[Dataset entries]
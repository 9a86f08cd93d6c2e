-- ===== src/Lock/StateLock.antt =====
-- internal/domain/model/lock/state_lock.go: a lock on a state file, for reading or for writing. The
-- host's name, the process and the time are arguments; times are numbers.
use deespec.Base.{ℕ, ◌+◌, ◌-◌, String, Bool, ltb, Result, ok, err}

-- A string that is no constant is `other`.
pub data LockType : Type 0 where
  read write : LockType
  other : String → LockType

pub record StateLock : Type 0 where
  pub pid : ℕ
  pub hostname : String
  pub acquired_at : ℕ
  pub expires_at : ℕ
  pub heartbeat_at : ℕ
  pub lock_type : LockType

pub data StateLockError : Type 0 where
  invalid_lock_type : String → StateLockError
  lock_not_found : String → StateLockError

abbrev pub state_lock_of : ℕ → String → LockType → ℕ → ℕ → StateLock
state_lock_of pid hostname lock_type ttl now = record {
  pid = pid;
  hostname = hostname;
  acquired_at = now;
  expires_at = now + ttl;
  heartbeat_at = now;
  lock_type = lock_type;
}

unfoldable pub new_state_lock : ℕ → String → LockType → ℕ → ℕ → Result StateLockError StateLock
new_state_lock pid hostname read ttl now = ok (state_lock_of pid hostname read ttl now)
new_state_lock pid hostname write ttl now = ok (state_lock_of pid hostname write ttl now)
new_state_lock pid hostname (other text) ttl now = err (invalid_lock_type text)

unfoldable pub is_expired : StateLock → ℕ → Bool
is_expired l now = ltb l.expires_at now

-- A difference of times below zero is never above the staleness.
unfoldable pub is_heartbeat_stale : StateLock → ℕ → ℕ → Bool
is_heartbeat_stale l max_staleness now = ltb max_staleness (now - l.heartbeat_at)

unfoldable pub update_heartbeat : StateLock → ℕ → StateLock
update_heartbeat l now = record l { heartbeat_at = now }

unfoldable pub extend : StateLock → ℕ → StateLock
extend l duration = record l { expires_at = l.expires_at + duration }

-- Instructions for the task --
Filter the entries and copy each line with "where".

-- Result of the exercise --
pub data LockType : Type 0 where
pub record StateLock : Type 0 where
pub data StateLockError : Type 0 where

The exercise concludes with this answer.